Pada kesempatan Live IG, Komaris Utama PT Tridaya Medika Sinergi itu mengupas Keguguran Berulang Penyebab dan Antisipasinya. Dimoderatori dr Tamara Wulandari.
Ia mengatakan banyak faktor mempengaruhi terjadinya keguguran berulang ini. Antara lain kelainan kromosom. Kelainan itu bisa berasal dari berasal dari sel telur, sperma, atau embrio awal.
"Kemudian, Sindrom antifosfolipid atau antiphospholipid syndrome (APS) disebabkan masalah pembekuan darah. Kondisi ini umumnya menjadi penyebab keguguran berulang di trimester kedua," tuturnya.
Faktor usia. Kehamilan di atas usia 35 tahun memiliki risiko keguguran yang lebih tinggi daripada wanita yang lebih muda. "Pada usia 35 tahun, terdapat risiko keguguran sekitar 20 persen. Pada usia 40 tahun risikonya sekitar 40 persen, dan pada usia 45 tahun sekitar 80 persen," sebut Direktur SDM, Pendidikan dan Umum RSUP Dr M Djamil Padang ini.

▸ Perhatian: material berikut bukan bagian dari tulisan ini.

-- ===== src/Etl/Run/Stages.antt =====
-- app/database/etl.py: what one use of the database, the retries and a whole stage leave behind.
use inventory_logix_dashboar.Base.{
  ℕ, zero, suc, ◌≡◌, refl, sym, ◌∙◌, ap, true, Option, none, some, List, [], ◌∷◌, arith,
}
use mathlib.Core.Path.{subst}
use inventory_logix_dashboar.JobQueue.{PyException, Outcome, returned, raised}
use inventory_logix_dashboar.Etl.{Retried, write_state}
use inventory_logix_dashboar.Etl.Retry.{
  is_transient, calls, all_transient, run_of, retry_operation_lem,
}
use inventory_logix_dashboar.Etl.Dims.{Tables}
use inventory_logix_dashboar.Etl.Session.{
  World, M, then_do, next_fault, settle_op, fallen, never_ran, rolled_back, use_db, commit,
  rollback, with_retry, set_state, stage_body, stage,
}

module _ {A : Type 0} where
  -- An exception changes no table; an answer is the operation's, on the open transaction.
  abbrev pub Follows : (Tables → Outcome (A × Tables)) → World → Outcome A × World → Type 0
  Follows op w (raised e, v) = (v.working ≡ w.working) × (v.committed ≡ w.committed)
  Follows op w (returned a, v) =
      (op w.working ≡ returned (a, v.working)) × (v.committed ≡ w.committed)

  settle-Follows :
      (op : Tables → Outcome (A × Tables)) (w : World) (faults : List (Option PyException))
      (o : Outcome (A × Tables))
      → op w.working ≡ o
      → Follows op w (settle_op (record w { faults = faults }) o)
  settle-Follows op w faults (returned (a, t)) h = (h, refl)
  settle-Follows op w faults (raised e) h = (refl, refl)

  fault-Follows :
      (op : Tables → Outcome (A × Tables)) (w : World) (faults : List (Option PyException))
      → Follows op w (next_fault faults (λ (v : World). settle_op v (op v.working)) w)
  fault-Follows op w [] = settle-Follows op w w.faults (op w.working) refl
  fault-Follows op w (none ∷ faults) = settle-Follows op w faults (op w.working) refl
  fault-Follows op w (some e ∷ faults) = (refl, refl)

  pub use_db-Follows : (op : Tables → Outcome (A × Tables)) (w : World) → Follows op w (use_db op w)
  unfolding use_db
  use_db-Follows op w = fault-Follows op w w.faults

  transient_keeps :
      (op : Tables → Outcome (A × Tables)) (w : World) (r : Outcome A × World)
      → Follows op w r
      → is_transient r.0 ≡ true
      → (r.1.working ≡ w.working) × (r.1.committed ≡ w.committed)
  transient_keeps op w (returned a, v) h t = cc
  transient_keeps op w (raised e, v) h t = h

  -- Calls that all raise connection errors leave the tables alone.
  calls_keep :
      (op : Tables → Outcome (A × Tables)) (n : ℕ) (w : World)
      → all_transient (use_db op) n w ≡ true
      → ((calls (use_db op) n w).working ≡ w.working)
        × ((calls (use_db op) n w).committed ≡ w.committed)
  unfolding calls all_transient
  calls_keep op zero w h = (refl, refl)
  calls_keep op (suc n) w h =
      let first : is_transient (use_db op w).0 ≡ true = ground arith in
      let (kept, same) = transient_keeps op w (use_db op w) (use_db-Follows op w) first in
      let (later, also) = calls_keep op n (use_db op w).1 (ground arith) in
      (later ∙ kept, also ∙ same)

  calls-suc :
      (op : Tables → Outcome (A × Tables)) (n : ℕ) (w : World)
      → calls (use_db op) (suc n) w ≡ (use_db op (calls (use_db op) n w)).1
  unfolding calls
  calls-suc op zero w = refl
  calls-suc op (suc n) w = calls-suc op n (use_db op w).1

  Follows-moved :
      (op : Tables → Outcome (A × Tables)) (w u : World) (r : Outcome A × World)
      → u.working ≡ w.working
      → u.committed ≡ w.committed
      → Follows op u r
      → Follows op w r
  Follows-moved op w u (returned a, v) p q h = (ap op (sym p) ∙ h.0, h.1 ∙ q)
  Follows-moved op w u (raised e, v) p q h = (h.0 ∙ p, h.1 ∙ q)

  pub with_retry-Follows :
      (op : Tables → Outcome (A × Tables)) (w : World) → Follows op w (with_retry (use_db op) w)
  unfolding with_retry run_of
  with_retry-Follows op w =
      let (n, lt, before, end, same) = retry_operation_lem (use_db op) 3 1 10 w (omega arith) in
      let u = calls (use_db op) n w in
      let (kept, held) = calls_keep op n w before in
      subst (λ (r : Retried A World). Follows op w (fallen never_ran r.outcome, r.world)) (sym same)
        (subst (λ (v : World). Follows op w ((use_db op u).0, v)) (sym (calls-suc op n w))
          (Follows-moved op w u (use_db op u) kept held (use_db-Follows op u)))

-- How a commit ends.
abbrev pub Commits : World → Outcome (Unit {0}) × World → Type 0
Commits w (raised e, v) = v.committed ≡ w.committed
Commits w (returned a, v) = (v.committed ≡ w.working) × (v.working ≡ w.working)

fault-Commits :
    (w : World) (faults : List (Option PyException))
    → Commits w
        (next_fault faults (λ (v : World). (returned tt, record v { committed = v.working })) w)
fault-Commits w [] = (refl, refl)
fault-Commits w (none ∷ faults) = (refl, refl)
fault-Commits w (some e ∷ faults) = refl

pub commit-Commits : (w : World) → Commits w (commit w)
unfolding commit
commit-Commits w = fault-Commits w w.faults

abbrev pub marked : ℕ → Tables → Tables
marked id t = record t { etl_state = write_state "last_movement_id" id t.etl_state }

module _ {A : Type 0} where
  -- How a stage ends: an exception leaves the tables as they were committed; an answer is the
  -- operation's on the open transaction, committed with the watermark.
  abbrev pub Ends : (Tables → Outcome (A × Tables)) → ℕ → World → Outcome A × World → Type 0
  Ends op id w (raised e, v) = (v.working ≡ w.committed) × (v.committed ≡ w.committed)
  Ends op id w (returned a, v) =
      (t : Tables) × (op w.working ≡ returned (a, t))
      × (v.committed ≡ record t { etl_state = write_state "last_movement_id" id t.etl_state })
      × (v.working ≡ v.committed)

  committed_end :
      (op : Tables → Outcome (A × Tables)) (id : ℕ) (w u : World) (a : A) (t : Tables)
      (r : Outcome (Unit {0}) × World)
      → op w.working ≡ returned (a, t)
      → u.working ≡ marked id t
      → u.committed ≡ w.committed
      → Commits u r
      → Ends op id w (rolled_back (then_do (λ x v. (returned a, v)) r))
  unfolding rollback
  committed_end op id w u a t (raised e, v) h p q c = (c ∙ q, c ∙ q)
  committed_end op id w u a t (returned x, v) h p q c = (t, h, c.0 ∙ p, c.1 ∙ sym c.0)

  marked_end :
      (op : Tables → Outcome (A × Tables)) (id : ℕ) (w u : World) (a : A)
      (r : Outcome (Unit {0}) × World)
      → op w.working ≡ returned (a, u.working)
      → u.committed ≡ w.committed
      → Follows (set_state "last_movement_id" id) u r
      → Ends op id w (rolled_back (then_do (λ x v. then_do (λ y z. (returned a, z)) (commit v)) r))
  unfolding rollback commit set_state
  marked_end op id w u a (raised e, v) h q f = (f.1 ∙ q, f.1 ∙ q)
  marked_end op id w u a (returned x, v) h q f =
      committed_end op id w v a u.working (commit v) h (cc (f.0)) (f.1 ∙ q)
        (fault-Commits v v.faults)

  body_end :
      (op : Tables → Outcome (A × Tables)) (id : ℕ) (w : World) (r : Outcome A × World)
      → Follows op w r
      → Ends op id w (
          rolled_back (
            then_do
              (λ a v.
                then_do
                  (λ x u. then_do (λ y z. (returned a, z)) (commit u))
                  (use_db (set_state "last_movement_id" id) v))
              r))
  unfolding rollback
  body_end op id w (raised e, v) f = (f.1, f.1)
  body_end op id w (returned a, v) f =
      marked_end op id w v a (use_db (set_state "last_movement_id" id) v) f.0 f.1
        (use_db-Follows (set_state "last_movement_id" id) v)

  pub stage-Ends :
      (op : Tables → Outcome (A × Tables)) (id : ℕ) (w : World) → Ends op id w (stage op id w)
  unfolding stage stage_body
  stage-Ends op id w = body_end op id w (with_retry (use_db op) w) (with_retry-Follows op w)

-- A property of what follows a stage: it is shown where the stage raises, and where it answers.
pub stage_then :
    {A B : Type 0} (op : Tables → Outcome (A × Tables)) (id : ℕ) (w : World) (k : A → M B)
    (Q : Outcome B × World → Type 0)
    → ((e : PyException) (v : World) → v.committed ≡ w.committed → Q (raised e, v))
    → ((a : A) (t : Tables) (v : World)
        → op w.working ≡ returned (a, t)
        → v.committed ≡ marked id t
        → v.working ≡ v.committed
        → Q (k a v))
    → Q (then_do k (stage op id w))
stage_then {A} {B} op id w k Q left right = split (stage op id w) (stage-Ends op id w)
  where
    split : (r : Outcome A × World) → Ends op id w r → Q (then_do k r)
    split (raised e, v) h = left e v h.1
    split (returned a, v) h = let (t, done, stored, clean) = h in right a t v done stored clean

Selanjutnya, Polycystic ovary syndrome (PCOS) adalah gangguan hormon yang kerap terjadi pada wanita di usia produktif. PCOS bisa menjadi salah satu penyebab keguguran berulang,
Faktor lainnya, kelainan pada rahim. Beberapa wanita mungkin terlahir dengan bentuk rahim yang tidak beraturan dan yang lainnya mengalami kelainan dengan rahim seiring waktu.